As intelligence becomes embedded in phones, televisions and household devices, the infrastructure securing these endpoints must scale accordingly.

Samsung positions its Knox security platform as a foundation for this shift, built into devices from the chipset up to protect sensitive data across every layer.

Shin said during the panel: "Trust in AI starts with security that's proven, not promised. For more than a decade, Samsung Knox has provided a deeply embedded security platform designed to protect sensitive data at every layer."

Knox Matrix, Samsung's cross-device framework, enables devices to validate each other within a network. This mutual authentication reduces the risk of a single point of failure and creates ongoing verification loops that could lessen the burden on centralised security infrastructure.
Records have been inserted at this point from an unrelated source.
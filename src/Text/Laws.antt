-- ===== src/Text/Laws.antt =====
-- Facts about texts that the components share.
use nft_gate.Base.{◌≢◌, List, Bool, ℕ, ◌≡◌, refl, true, some, [], ◌∷◌, ◌++◌, arith, length}
use nft_gate.Text.Split.{split_by, push_first}
use nft_gate.Text.{Text, strip_prefix, len, is_ascii, to_ascii_lowercase}

-- On ASCII the length in bytes is the number of characters.
pub len_of_ascii : (s : Text) → is_ascii s ≡ true → len s ≡ length s
unfolding len
len_of_ascii [] h = refl
len_of_ascii (c ∷ s) h = ground (arith, len_of_ascii s)

pub strip_prefix-append : (p s : Text) → strip_prefix p (p ++ s) ≡ some s
unfolding strip_prefix
strip_prefix-append [] s = refl
strip_prefix-append (c ∷ p) s = ground (arith, strip_prefix-append p s)

-- What is left after a prefix was stripped.
pub strip_prefix-some : (p s r : Text) → strip_prefix p s ≡ some r → s ≡ p ++ r
unfolding strip_prefix
strip_prefix-some [] s r h = ground arith
strip_prefix-some (c ∷ p) [] r h = cc
strip_prefix-some (c ∷ p) (d ∷ s) r h = ground (arith, strip_prefix-some p s r)

pub to_ascii_lowercase_idem :
    (s : Text) → to_ascii_lowercase (to_ascii_lowercase s) ≡ to_ascii_lowercase s
to_ascii_lowercase_idem [] = refl
to_ascii_lowercase_idem (c ∷ s) = ground (arith, to_ascii_lowercase_idem s)

split_by-ne-nil : (p : ℕ → Bool) (s : Text) → split_by p s ≢ []
unfolding split_by push_first
split_by-ne-nil p [] h = absurd (ground arith)
split_by-ne-nil p (c ∷ s) h = ground arith

push_first-append :
    (c : ℕ) (ws vs : List Text) → ws ≢ [] → push_first c (ws ++ vs) ≡ push_first c ws ++ vs
unfolding push_first
push_first-append c [] vs h = absurd (h refl)
push_first-append c (w ∷ ws) vs h = refl

-- A separator splits the text in two.
pub split_by-append :
    (p : ℕ → Bool) (s : Text) (d : ℕ) (t : Text)
    → p d ≡ true
    → split_by p (s ++ (d ∷ t)) ≡ split_by p s ++ split_by p t
unfolding split_by
split_by-append p [] d t h = ground arith
split_by-append p (c ∷ s) d t h = ground (
  arith,
  split_by-append p s d t h,
  push_first-append c (split_by p s) (split_by p t) (split_by-ne-nil p s),
)
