-- ===== src/Origin/Laws.antt =====
-- The characters of a canonical origin.
use nft_gate.Base.{
  ℕ, ◌≡◌, refl, Bool, true, false, ◌&&◌, some, [], ◌∷◌, ◌++◌, arith, ltb, leb, all, any, inl, inr,
  Option-cases,
}
use nft_gate.Text.{Text, codes, is_ascii, is_digit, strip_prefix}
use nft_gate.Text.Laws.{strip_prefix-some}
use nft_gate.Text.Split.{rsplit_once}
use nft_gate.Proof.{origin_ok}
use nft_gate.Origin.{
  is_host_char, host_ok, port_ok, host_and_port, origin_parts_ok, is_canonical_origin,
}

-- Printable ASCII.
abbrev is_visible : ℕ → Bool
is_visible c = ltb 0x20 c && ltb c 0x80

all_host-visible : (s : Text) → all is_host_char s ≡ true → all is_visible s ≡ true
all_host-visible [] h = refl
all_host-visible (c ∷ s) h = ground (arith, all_host-visible s)

all_digit-visible : (s : Text) → all is_digit s ≡ true → all is_visible s ≡ true
all_digit-visible [] h = refl
all_digit-visible (c ∷ s) h = ground (arith, all_digit-visible s)

all_visible-append :
    (s t : Text)
    → all is_visible s ≡ true
    → all is_visible t ≡ true
    → all is_visible (s ++ t) ≡ true
all_visible-append [] t h k = k
all_visible-append (c ∷ s) t h k = ground (arith, all_visible-append s t)

rsplit_once-some : (d : ℕ) (s a b : Text) → rsplit_once d s ≡ some (a, b) → s ≡ a ++ (d ∷ b)
unfolding rsplit_once
rsplit_once-some d [] a b h = absurd (ground arith)
rsplit_once-some d (c ∷ s) a b h = elim (Option-cases (rsplit_once d s)) [
  | inl e ↦ ground arith
  | inr ((x, y), e) ↦ ground (arith, rsplit_once-some d s x y e)
]

all_visible-origin_ok :
    (s : Text) → all is_visible s ≡ true → (is_ascii s ≡ true) × (any (λ b. leb b 0x20) s ≡ false)
all_visible-origin_ok [] h = (refl, refl)
all_visible-origin_ok (c ∷ s) h = ground (arith, all_visible-origin_ok s)

rest_visible :
    (default_port rest : Text) (http : Bool)
    → origin_parts_ok default_port http (host_and_port rest) ≡ true
    → all is_visible rest ≡ true
unfolding origin_parts_ok host_and_port host_ok port_ok
rest_visible d rest http h = elim (Option-cases (rsplit_once b':' rest)) [
  | inl e ↦ ground (arith, all_host-visible rest)
  | inr ((a, p), e) ↦ ground (
    arith,
    rsplit_once-some b':' rest a p e,
    all_host-visible rest,
    all_host-visible a,
    all_digit-visible p,
    all_visible-append a (b':' ∷ p),
  )
]

-- A canonical origin is fit for the signed message.
pub is_canonical_origin-origin_ok : (o : Text) → is_canonical_origin o ≡ true → origin_ok o ≡ true
unfolding is_canonical_origin origin_ok
is_canonical_origin-origin_ok o h = elim (Option-cases (strip_prefix (codes "https://") o)) [
  | inr (r, e) ↦ ground (
    arith,
    strip_prefix-some (codes "https://") o r e,
    rest_visible (codes "443") r false,
    all_visible-origin_ok r,
  )
  | inl e ↦ elim (Option-cases (strip_prefix (codes "http://") o)) [
    | inl e' ↦ absurd (ground arith)
    | inr (r, e') ↦ ground (
      arith,
      strip_prefix-some (codes "http://") o r e',
      rest_visible (codes "80") r true,
      all_visible-origin_ok r,
    )
  ]
]
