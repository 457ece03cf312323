-- ===== src/Sig/Address.antt =====
-- Canonical addresses: what `normalize_address` makes of the addresses that the grammar admits.
use nft_gate.Base.{
  ℕ, zero, suc, ◌-◌, ◌≤◌, ◌≡◌, refl, Bool, true, false, not, [], ◌∷◌, ◌++◌, arith, ◌<◌, inl, inr,
  all, length, length-append, Option-cases,
}
use nft_gate.Text.{
  Text, codes, is_ascii, is_hex, is_hex_lower, is_whitespace, strip_prefix, to_ascii_lowercase,
}
use nft_gate.Text.Laws.{len_of_ascii, strip_prefix-append, strip_prefix-some}
use nft_gate.Text.Split.{trim, trim_start_by, trim_end_by}
use nft_gate.External.{Crates}
use nft_gate.Proof.{is_address, is_canonical_id}
use nft_gate.Sig.{trim_0x, zeros, pad_64, normalize_address}

trim_start_by-none :
    (p : ℕ → Bool) (s : Text) → all (λ c. not (p c)) s ≡ true → trim_start_by p s ≡ s
unfolding trim_start_by
trim_start_by-none p [] h = refl
trim_start_by-none p (c ∷ s) h = ground arith

trim_end_by-none : (p : ℕ → Bool) (s : Text) → all (λ c. not (p c)) s ≡ true → trim_end_by p s ≡ s
unfolding trim_end_by
trim_end_by-none p [] h = refl
trim_end_by-none p (c ∷ s) h = ground (arith, trim_end_by-none p s)

-- Text without white space is left alone.
pub trim-none : (s : Text) → all (λ c. not (is_whitespace c)) s ≡ true → trim s ≡ s
unfolding trim
trim-none s h = rw (trim_start_by-none is_whitespace s h) (trim_end_by-none is_whitespace s h)

is_hex-visible : (c : ℕ) → is_hex c ≡ true → (0x20 < c) × (c < 0x80)
is_hex-visible c h = ground arith

visible-no_space : (c : ℕ) → 0x20 < c → c < 0x80 → is_whitespace c ≡ false
unfolding is_whitespace
visible-no_space c lo hi = ground arith

all_hex-no_space : (h : Text) → all is_hex h ≡ true → all (λ c. not (is_whitespace c)) h ≡ true
all_hex-no_space [] x = refl
all_hex-no_space (c ∷ s) x =
    ground (arith, all_hex-no_space s, visible-no_space c, is_hex-visible c)

all_hex-is_ascii : (h : Text) → all is_hex h ≡ true → is_ascii h ≡ true
all_hex-is_ascii [] x = refl
all_hex-is_ascii (c ∷ s) x = ground (arith, all_hex-is_ascii s)

trim_0x-hex : (h : Text) → all is_hex h ≡ true → trim_0x h ≡ h
unfolding trim_0x
trim_0x-hex [] x = refl
trim_0x-hex (c ∷ []) x = refl
trim_0x-hex (c ∷ d ∷ s) x = ground arith

all_hex-lower : (h : Text) → all is_hex h ≡ true → all is_hex_lower (to_ascii_lowercase h) ≡ true
all_hex-lower [] x = refl
all_hex-lower (c ∷ s) x = ground (arith, all_hex-lower s)

length-lower : (h : Text) → length (to_ascii_lowercase h) ≡ length h
length-lower [] = refl
length-lower (c ∷ s) = ground (arith, length-lower s)

length-zeros : (n : ℕ) → length (zeros n) ≡ n
length-zeros zero = refl
length-zeros (suc n) = ground (arith, length-zeros n)

all_lower-zeros :
    (n : ℕ) (s : Text) → all is_hex_lower s ≡ true → all is_hex_lower (zeros n ++ s) ≡ true
all_lower-zeros zero s x = x
all_lower-zeros (suc n) s x = ground (arith, all_lower-zeros n s x)

all_lower-is_hex : (s : Text) → all is_hex_lower s ≡ true → all is_hex s ≡ true
all_lower-is_hex [] x = refl
all_lower-is_hex (c ∷ s) x = ground (arith, all_lower-is_hex s)

lower-none : (s : Text) → all is_hex_lower s ≡ true → to_ascii_lowercase s ≡ s
lower-none [] x = refl
lower-none (c ∷ s) x = ground (arith, lower-none s)

canonical_of_body :
    (s : Text)
    → all is_hex_lower s ≡ true
    → length s ≡ 64
    → is_canonical_id (codes "0x" ++ s) ≡ true
unfolding is_canonical_id
canonical_of_body s x n = ground (
  arith,
  strip_prefix-append (codes "0x") s,
  len_of_ascii s,
  all_hex-is_ascii s,
  all_lower-is_hex s,
)

module _ (crates : Crates) where
  -- On a hex body the normal form is the lower-case body, padded.
  pub normalize_hex :
      (h : Text)
      → all is_hex h ≡ true
      → normalize_address crates (codes "0x" ++ h) ≡ codes "0x" ++ pad_64 (to_ascii_lowercase h)
  unfolding normalize_address trim_0x is_whitespace
  normalize_hex h x = ground (
    arith,
    trim-none (codes "0x" ++ h),
    all_hex-no_space h x,
    trim_0x-hex h x,
    all_hex-is_ascii h x,
  )

  body_of :
      (a : Text)
      → is_address a ≡ true
      → (h : Text) × (a ≡ codes "0x" ++ h)
        × (all is_hex h ≡ true)
        × (1 ≤ length h)
        × (length h ≤ 64)
  unfolding is_address
  body_of a x = elim (Option-cases (strip_prefix (codes "0x") a)) [
    | inl e ↦ absurd (ground arith)
    | inr (h, e) ↦
        let hex : all is_hex h ≡ true = ground arith in
        let same = len_of_ascii h (all_hex-is_ascii h hex) in
        (h, strip_prefix-some (codes "0x") a h e, hex, ground (arith, same), ground (arith, same))
  ]

  of_address :
      (a : Text) → is_address a ≡ true → is_canonical_id (normalize_address crates a) ≡ true
  unfolding pad_64
  of_address a x =
      let (h, e, hex, lo, hi) = body_of a x in
      let low = to_ascii_lowercase h in
      ground (
        arith,
        e,
        normalize_hex h hex,
        canonical_of_body (zeros (64 - length low) ++ low)
            (all_lower-zeros (64 - length low) low (all_hex-lower h hex)),
        length-append (zeros (64 - length low)) low,
        length-zeros (64 - length low),
        length-lower h,
      )

  of_canonical : (a : Text) → is_canonical_id a ≡ true → normalize_address crates a ≡ a
  unfolding pad_64 is_canonical_id
  of_canonical a x = elim (Option-cases (strip_prefix (codes "0x") a)) [
    | inl e ↦ absurd (ground arith)
    | inr (h, e) ↦
        let low : all is_hex_lower h ≡ true = ground arith in
        let hex = all_lower-is_hex h low in
        let full : length h ≡ 64 = ground (arith, len_of_ascii h (all_hex-is_ascii h hex)) in
        let none_to_add : zeros (64 - length h) ≡ [] = rw full refl in
        ground (
          arith,
          strip_prefix-some (codes "0x") a h e,
          normalize_hex h hex,
          lower-none h low,
          none_to_add,
        )
  ]

  -- Every address that the grammar admits normalises to a canonical id, which is its own normal form.
  pub is_canonical_id-normalize_address :
      (a : Text)
      → is_address a ≡ true
      → (is_canonical_id (normalize_address crates a) ≡ true)
        × (normalize_address crates (normalize_address crates a) ≡ normalize_address crates a)
  is_canonical_id-normalize_address a x =
      let canonical = of_address a x in
      (canonical, of_canonical (normalize_address crates a) canonical)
For data centres managing AI workloads, this approach suggests a future where edge devices handle more of their own authentication and threat detection, potentially reducing the volume of security traffic routed back to core facilities.

Samsung Electronics' panel at CES 2026 in Las Vegas. Picture: Samsung

Infrastructure for transparency

Beyond encryption and authentication, the panel explored how trust in AI ties into ethical design and user control. 
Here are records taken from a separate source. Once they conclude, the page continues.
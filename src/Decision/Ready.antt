-- ===== src/Decision/Ready.antt =====
-- The message that a client must sign (core/src/proof.rs), as core/src/decision.rs builds it from a
-- configuration that `from_env` of core/src/config.rs loaded.
use nft_gate.Base.{◌≡◌, refl, Bool, true, false, none, some, arith, if◌then◌else◌}
use nft_gate.Text.{Text, len, member}
use nft_gate.External.{Crates}
use nft_gate.Proof.{
  AccessProof, MessageContext, is_address, is_canonical_id, is_nonce, digest_ok, origin_ok,
  networks, join_lines, message_lines, personal_message, decode_access_proof,
}
use nft_gate.Proof.Decoded.{decode_access_proof-IsWellFormed}
use nft_gate.Origin.Laws.{is_canonical_origin-origin_ok}
use nft_gate.Sig.Address.{is_canonical_id-normalize_address}
use nft_gate.Config.{GatewayConfig}
use nft_gate.Config.Values.{Env, is_object_id}
use nft_gate.Config.Load.{from_env}
use nft_gate.Config.Bounds.{from_env-IsConsistent}
use nft_gate.Ports.{Ports}
use nft_gate.Decision.{verify_params, context_of}

is_object_id-is_address : (s : Text) → is_object_id s ≡ true → is_address s ≡ true
unfolding is_object_id is_address len
is_object_id-is_address s h = ground arith

personal_message-some :
    (ctx : MessageContext)
    → is_canonical_id ctx.gate_id ≡ true
    → member ctx.network networks ≡ true
    → is_nonce ctx.nonce ≡ true
    → digest_ok ctx.consume_digest ≡ true
    → origin_ok ctx.origin ≡ true
    → personal_message ctx ≡ some (join_lines (message_lines ctx))
unfolding personal_message
personal_message-some ctx g n c d o = ground arith

-- Under a configuration that loaded, the message for a proof that decoded always exists, and is the
-- joined lines of its context.
personal_message-loaded :
    {W Resp : Type 0} (crates : Crates) (ports : Ports W Resp) (env : Env) (cfg : GatewayConfig)
    (token : Text) (proof : AccessProof)
    → from_env env crates ≡ some cfg
    → decode_access_proof crates token ≡ some proof
    → let ctx = context_of crates ports (verify_params cfg) proof in
      personal_message ctx ≡ some (join_lines (message_lines ctx))
personal_message-loaded crates ports env cfg token proof loaded decoded =
    let good = from_env-IsConsistent env crates cfg loaded in
    let fields = decode_access_proof-IsWellFormed crates token proof decoded in
    personal_message-some (context_of crates ports (verify_params cfg) proof)
      (is_canonical_id-normalize_address crates cfg.gate_id
        (is_object_id-is_address cfg.gate_id good.gate)).0
      good.known_network fields.nonce (digest_signed cfg.single_use fields.digest)
      (is_canonical_origin-origin_ok cfg.gateway_origin good.canonical)
  where
    digest_signed :
        (b : Bool)
        → digest_ok proof.consume_digest ≡ true
        → digest_ok (if b then proof.consume_digest else none) ≡ true
    digest_signed true h = h
    digest_signed false h = refl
Samsung highlighted industry partnerships with companies like Google and Microsoft as examples of collaborative work on interoperability and shared security protocols.

Allie stressed the value of transparency in data usage and model operation. 

Zack acknowledged the risks of misinformation and misuse, but added during the discussion: "For every risk, there is also a countermeasure and technology itself will play a critical role in mitigating AI's downsides."

Amy offered a pragmatic view: "I don't think they're making decisions based on trust alone. People aren't paying for trust. They buy things because of convenience. So, if the AI piece of this hooks people in, it makes their lives easier and more convenient."

The panel agreed that long-term trust is likely to be built by embedding transparency, accountability and clear user choice into every product from the outset – a requirement that extends from consumer devices back through the data centre infrastructure supporting them.